## Your objective
The full set of entries is to be returned word for word.

Stored records
-------
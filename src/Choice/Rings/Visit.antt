-- ===== src/Choice/Rings/Visit.antt =====
-- The first loop of `get_port_ringnum`: it visits every port and leaves a list of some of them.
use platform.Common.{ℕ, zero, suc, ◌+◌, ◌-◌, ◌%◌, ◌^◌, ◌≤◌, ◌<◌, ◌≡◌, refl, ◌∙◌, none, some}
use platform.Common.{List, [], ◌∷◌, arith, Outcome, ok, load-ok, ◌==◌, if◌then◌else◌}
use platform.Common.{ne→==, length, false, ap}
use platform.Common.Int.{ℤ, pos, negsuc, eqb_ℤ}
use native.Mathlib.Nat.{mod-eq_of_lt}
use native.Mathlib.Numerals.{add-one}
use platform.Double.{Double}
use platform.PortTable.{Uthash}
use platform.PortSort.{creat_node}
use platform.PortSort.Chain.{Cell, node_of}
use platform.PortSort.Insert.{visible}
use platform.PortSort.Visible.{IsPortList, add_node-IsPortList}
use platform.Device.{Context}
use platform.Choice.Rings.{Scan, int_speed, int_weight, scan_port, scan}

module _ (d : Double) (u : Uthash d) (table : u.Table) (link_speed : ℕ → ℕ) (ctx : Context) where
  -- What the ports from `i` on must satisfy: they are within the arrays, and have a weight.
  pub record Listed (i n : ℕ) : Type 0 where
    pub fits : i + n ≤ 16
    pub in_range : (j : ℕ) → j < i + n → ctx.port_list j < 16
    pub known :
        (j : ℕ)
        → j < i + n
        → eqb_ℤ (int_weight d u table link_speed (ctx.port_list j)) (negsuc 0) ≡ false

  abbrev pub speed_at : ℕ → ℤ
  speed_at j = int_speed d u table link_speed (ctx.port_list j)

  abbrev pub weight_at : ℕ → ℤ
  weight_at j = int_weight d u table link_speed (ctx.port_list j)

  -- A list of ports with the property `P`, after `n` ports from `i` on.
  pub record Scanned (P : List Cell → Type 0) (i n : ℕ) (before : ℤ) (result : Outcome (Scan d))
      : Type 0 where
    pub state : Scan d
    pub cells : List Cell
    pub returns : result ≡ ok state
    pub list : IsPortList state.heap state.sort cells
    pub holds : P cells
    pub weight : state.weight ≡ (if n == 0 then before else weight_at (i + n - 1))

  last_weight :
      (i n : ℕ) (x b c : ℤ)
      → x ≡ (if n == 0 then b else weight_at (suc i + n - 1))
      → b ≡ weight_at i
      → x ≡ (if suc n == 0 then c else weight_at (i + suc n - 1))
  last_weight i zero x b c e h = e ∙ h ∙ ap (λ j. weight_at j) (omega arith)
  last_weight i (suc n) x b c e h =
      rw (ne→== (suc (suc n)) 0 (omega arith))
        (rw (ne→== (suc n) 0 (omega arith)) at e ∙ ap (λ j. weight_at j) (omega arith))

  -- One later port: its node is made and offered to the list.
  scan_port-later :
      (i : ℕ) (s : Scan d) (cs : List Cell)
      → suc i < 16
      → ctx.port_list (suc i) < 16
      → eqb_ℤ (weight_at (suc i)) (negsuc 0) ≡ false
      → IsPortList s.heap s.sort cs
      → (s' : Scan d) × (place : ℕ) × (scan_port d u table link_speed ctx (suc i) s ≡ ok s')
        × IsPortList s'.heap s'.sort (
            visible
              (record { place = place; speed = speed_at (suc i); port = ctx.port_list (suc i) })
              cs)
        × (s'.weight ≡ weight_at (suc i))
  unfolding scan_port
  scan_port-later i s cs fits small known w =
      let t = ctx.port_list (suc i) in
      let e : t % 2 ^ 8 ≡ t = mod-eq_of_lt {n = t} {m = 256} (omega arith) in
      let (h, returns, w') = add_node-IsPortList s.heap s.sort cs (speed_at (suc i)) (pos t) w in
      (
        record {
          heap = h;
          sort = s.sort;
          weight = weight_at (suc i);
          weight_sum = d.add s.weight_sum (d.from_int (weight_at (suc i)));
        },
        length s.heap,
        rw (load-ok 16 ctx.port_list (suc i) fits, e, known, ne→== (suc i) 0 (omega arith), returns)
            refl,
        rw e at w',
        refl,
      )

  module _ (bound : ℕ) (P : List Cell → Type 0)
      (keep : (j : ℕ) (place : ℕ) (cs : List Cell)
        → j < bound
        → P cs
        → P (
            visible
              (record { place = place; speed = speed_at j; port = ctx.port_list j })
              cs)) where
    scan-Scanned :
        (n i : ℕ) (s : Scan d) (cs : List Cell)
        → suc i + n ≤ bound
        → Listed (suc i) n
        → IsPortList s.heap s.sort cs
        → P cs
        → Scanned P (suc i) n s.weight (scan d u table link_speed n ctx (suc i) s)
    unfolding scan
    scan-Scanned zero i s cs b l w p = record {
      state = s;
      cells = cs;
      returns = refl;
      list = w;
      holds = p;
      weight = refl;
    }
    scan-Scanned (suc n) i s cs b l w p =
        let (s', place, returns, w', weight) =
          scan_port-later i s cs (omega (arith, l.fits)) (l.in_range (suc i) (omega arith))
            (l.known (suc i) (omega arith)) w in
        let later : Listed (suc (suc i)) n = record {
          fits = omega (arith, l.fits);
          in_range = λ j h. l.in_range j (omega arith);
          known = λ j h. l.known j (omega arith);
        } in
        let rest =
          scan-Scanned n (suc i) s' _ (omega arith) later w'
            (keep (suc i) place cs (omega arith) p) in
        record {
          state = rest.state;
          cells = rest.cells;
          returns = rw (returns, add-one) rest.returns;
          list = rest.list;
          holds = rest.holds;
          weight = last_weight (suc i) n _ s'.weight s.weight rest.weight weight;
        }

    -- The whole loop, from the first port on.
    pub scan_all-Scanned :
        (n : ℕ) (sum : d.Num)
        → suc n ≤ bound
        → Listed 0 (suc n)
        → ((place : ℕ)
            → P (record { place = place; speed = speed_at 0; port = ctx.port_list 0 } ∷ []))
        → Scanned P 0 (suc n) (pos 0) (
            scan d u table link_speed
              (suc n)
              ctx
              0
              (record { heap = []; sort = none; weight = pos 0; weight_sum = sum }))
    unfolding scan
    scan_all-Scanned n sum b l p =
        let rest =
          scan-Scanned n 0 first_state (first_cell ∷ []) (omega arith) later first_list (p 0) in
        record {
          state = rest.state;
          cells = rest.cells;
          returns = rw first_returns rest.returns;
          list = rest.list;
          holds = rest.holds;
          weight = last_weight 0 n _ (weight_at 0) (pos 0) rest.weight refl;
        }
      where
        first_cell : Cell
        first_cell = record { place = 0; speed = speed_at 0; port = ctx.port_list 0 }

        first_state : Scan d
        first_state = record {
          heap = node_of first_cell none ∷ [];
          sort = some 0;
          weight = weight_at 0;
          weight_sum = d.add sum (d.from_int (weight_at 0));
        }

        first_list : IsPortList first_state.heap first_state.sort (first_cell ∷ [])
        first_list = record {
          chain = (refl, none, refl, refl);
          apart = (tt, tt);
          fits = omega arith;
        }

        later : Listed 1 n
        later = record {
          fits = omega (arith, l.fits);
          in_range = λ j h. l.in_range j (omega arith);
          known = λ j h. l.known j (omega arith);
        }

        first_returns :
            scan_port d u table link_speed ctx 0
              (record { heap = []; sort = none; weight = pos 0; weight_sum = sum })
            ≡ ok first_state
        first_returns =
            unfold scan_port creat_node in
            rw
              (
                mod-eq_of_lt {n = ctx.port_list 0} {m = 256}
                    (omega (arith, l.in_range 0 (omega arith))),
                l.known 0 (omega arith),
              )
              (rw
                (mod-eq_of_lt {n = ctx.port_list 0} {m = 256}
                  (omega (arith, l.in_range 0 (omega arith))))
                refl)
-------
## Solution to this task
filename src/Choice/Rings/Visit.antt
-- ===== src/Choice/Rings/Visit.antt =====
-- The first loop of `get_port_ringnum`: it visits every port and leaves a list of some of them.
use platform.Common.{ℕ, zero, suc, ◌+◌, ◌-◌, ◌%◌, ◌^◌, ◌≤◌, ◌<◌, ◌≡◌, refl, ◌∙◌, none, some}
use platform.Common.{List, [], ◌∷◌, arith, Outcome, ok, load-ok, ◌==◌, if◌then◌else◌}
use platform.Common.{ne→==, length, false, ap}
use platform.Common.Int.{ℤ, pos, negsuc, eqb_ℤ}
use native.Mathlib.Nat.{mod-eq_of_lt}
use native.Mathlib.Numerals.{add-one}
use platform.Double.{Double}
use platform.PortTable.{Uthash}
use platform.PortSort.{creat_node}
use platform.PortSort.Chain.{Cell, node_of}
use platform.PortSort.Insert.{visible}
use platform.PortSort.Visible.{IsPortList, add_node-IsPortList}
use platform.Device.{Context}
use platform.Choice.Rings.{Scan, int_speed, int_weight, scan_port, scan}

module _ (d : Double) (u : Uthash d) (table : u.Table) (link_speed : ℕ → ℕ) (ctx : Context) where
  -- What the ports from `i` on must satisfy: they are within the arrays, and have a weight.
  pub record Listed (i n : ℕ) : Type 0 where
    pub fits : i + n ≤ 16
    pub in_range : (j : ℕ) → j < i + n → ctx.port_list j < 16
    pub known :
        (j : ℕ)
        → j < i + n
        → eqb_ℤ (int_weight d u table link_speed (ctx.port_list j)) (negsuc 0) ≡ false

  abbrev pub speed_at : ℕ → ℤ
  speed_at j = int_speed d u table link_speed (ctx.port_list j)

  abbrev pub weight_at : ℕ → ℤ
  weight_at j = int_weight d u table link_speed (ctx.port_list j)

  -- A list of ports with the property `P`, after `n` ports from `i` on.
  pub record Scanned (P : List Cell → Type 0) (i n : ℕ) (before : ℤ) (result : Outcome (Scan d))
      : Type 0 where
    pub state : Scan d
    pub cells : List Cell
    pub returns : result ≡ ok state
    pub list : IsPortList state.heap state.sort cells
    pub holds : P cells
    pub weight : state.weight ≡ (if n == 0 then before else weight_at (i + n - 1))

  last_weight :
      (i n : ℕ) (x b c : ℤ)
      → x ≡ (if n == 0 then b else weight_at (suc i + n - 1))
      → b ≡ weight_at i
      → x ≡ (if suc n == 0 then c else weight_at (i + suc n - 1))
  last_weight i zero x b c e h = e ∙ h ∙ ap (λ j. weight_at j) (omega arith)
  last_weight i (suc n) x b c e h =
      rw (ne→== (suc (suc n)) 0 (omega arith))
        (rw (ne→== (suc n) 0 (omega arith)) at e ∙ ap (λ j. weight_at j) (omega arith))

  -- One later port: its node is made and offered to the list.
  scan_port-later :
      (i : ℕ) (s : Scan d) (cs : List Cell)
      → suc i < 16
      → ctx.port_list (suc i) < 16
      → eqb_ℤ (weight_at (suc i)) (negsuc 0) ≡ false
      → IsPortList s.heap s.sort cs
      → (s' : Scan d) × (place : ℕ) × (scan_port d u table link_speed ctx (suc i) s ≡ ok s')
        × IsPortList s'.heap s'.sort (
            visible
              (record { place = place; speed = speed_at (suc i); port = ctx.port_list (suc i) })
              cs)
        × (s'.weight ≡ weight_at (suc i))
  unfolding scan_port
  scan_port-later i s cs fits small known w =
      let t = ctx.port_list (suc i) in
      let e : t % 2 ^ 8 ≡ t = mod-eq_of_lt {n = t} {m = 256} (omega arith) in
      let (h, returns, w') = add_node-IsPortList s.heap s.sort cs (speed_at (suc i)) (pos t) w in
      (
        record {
          heap = h;
          sort = s.sort;
          weight = weight_at (suc i);
          weight_sum = d.add s.weight_sum (d.from_int (weight_at (suc i)));
        },
        length s.heap,
        rw (load-ok 16 ctx.port_list (suc i) fits, e, known, ne→== (suc i) 0 (omega arith), returns)
            refl,
        rw e at w',
        refl,
      )

  module _ (bound : ℕ) (P : List Cell → Type 0)
      (keep : (j : ℕ) (place : ℕ) (cs : List Cell)
        → j < bound
        → P cs
        → P (
            visible
              (record { place = place; speed = speed_at j; port = ctx.port_list j })
              cs)) where
    scan-Scanned :
        (n i : ℕ) (s : Scan d) (cs : List Cell)
        → suc i + n ≤ bound
        → Listed (suc i) n
        → IsPortList s.heap s.sort cs
        → P cs
        → Scanned P (suc i) n s.weight (scan d u table link_speed n ctx (suc i) s)
    unfolding scan
    scan-Scanned zero i s cs b l w p = record {
      state = s;
      cells = cs;
      returns = refl;
      list = w;
      holds = p;
      weight = refl;
    }
    scan-Scanned (suc n) i s cs b l w p =
        let (s', place, returns, w', weight) =
          scan_port-later i s cs (omega (arith, l.fits)) (l.in_range (suc i) (omega arith))
            (l.known (suc i) (omega arith)) w in
        let later : Listed (suc (suc i)) n = record {
          fits = omega (arith, l.fits);
          in_range = λ j h. l.in_range j (omega arith);
          known = λ j h. l.known j (omega arith);
        } in
        let rest =
          scan-Scanned n (suc i) s' _ (omega arith) later w'
            (keep (suc i) place cs (omega arith) p) in
        record {
          state = rest.state;
          cells = rest.cells;
          returns = rw (returns, add-one) rest.returns;
          list = rest.list;
          holds = rest.holds;
          weight = last_weight (suc i) n _ s'.weight s.weight rest.weight weight;
        }

    -- The whole loop, from the first port on.
    pub scan_all-Scanned :
        (n : ℕ) (sum : d.Num)
        → suc n ≤ bound
        → Listed 0 (suc n)
        → ((place : ℕ)
            → P (record { place = place; speed = speed_at 0; port = ctx.port_list 0 } ∷ []))
        → Scanned P 0 (suc n) (pos 0) (
            scan d u table link_speed
              (suc n)
              ctx
              0
              (record { heap = []; sort = none; weight = pos 0; weight_sum = sum }))
    unfolding scan
    scan_all-Scanned n sum b l p =
        let rest =
          scan-Scanned n 0 first_state (first_cell ∷ []) (omega arith) later first_list (p 0) in
        record {
          state = rest.state;
          cells = rest.cells;
          returns = rw first_returns rest.returns;
          list = rest.list;
          holds = rest.holds;
          weight = last_weight 0 n _ (weight_at 0) (pos 0) rest.weight refl;
        }
      where
        first_cell : Cell
        first_cell = record { place = 0; speed = speed_at 0; port = ctx.port_list 0 }

        first_state : Scan d
        first_state = record {
          heap = node_of first_cell none ∷ [];
          sort = some 0;
          weight = weight_at 0;
          weight_sum = d.add sum (d.from_int (weight_at 0));
        }

        first_list : IsPortList first_state.heap first_state.sort (first_cell ∷ [])
        first_list = record {
          chain = (refl, none, refl, refl);
          apart = (tt, tt);
          fits = omega arith;
        }

        later : Listed 1 n
        later = record {
          fits = omega (arith, l.fits);
          in_range = λ j h. l.in_range j (omega arith);
          known = λ j h. l.known j (omega arith);
        }

        first_returns :
            scan_port d u table link_speed ctx 0
              (record { heap = []; sort = none; weight = pos 0; weight_sum = sum })
            ≡ ok first_state
        first_returns =
            unfold scan_port creat_node in
            rw
              (
                mod-eq_of_lt {n = ctx.port_list 0} {m = 256}
                    (omega (arith, l.in_range 0 (omega arith))),
                l.known 0 (omega arith),
              )
              (rw
                (mod-eq_of_lt {n = ctx.port_list 0} {m = 256}
                  (omega (arith, l.in_range 0 (omega arith))))
                refl)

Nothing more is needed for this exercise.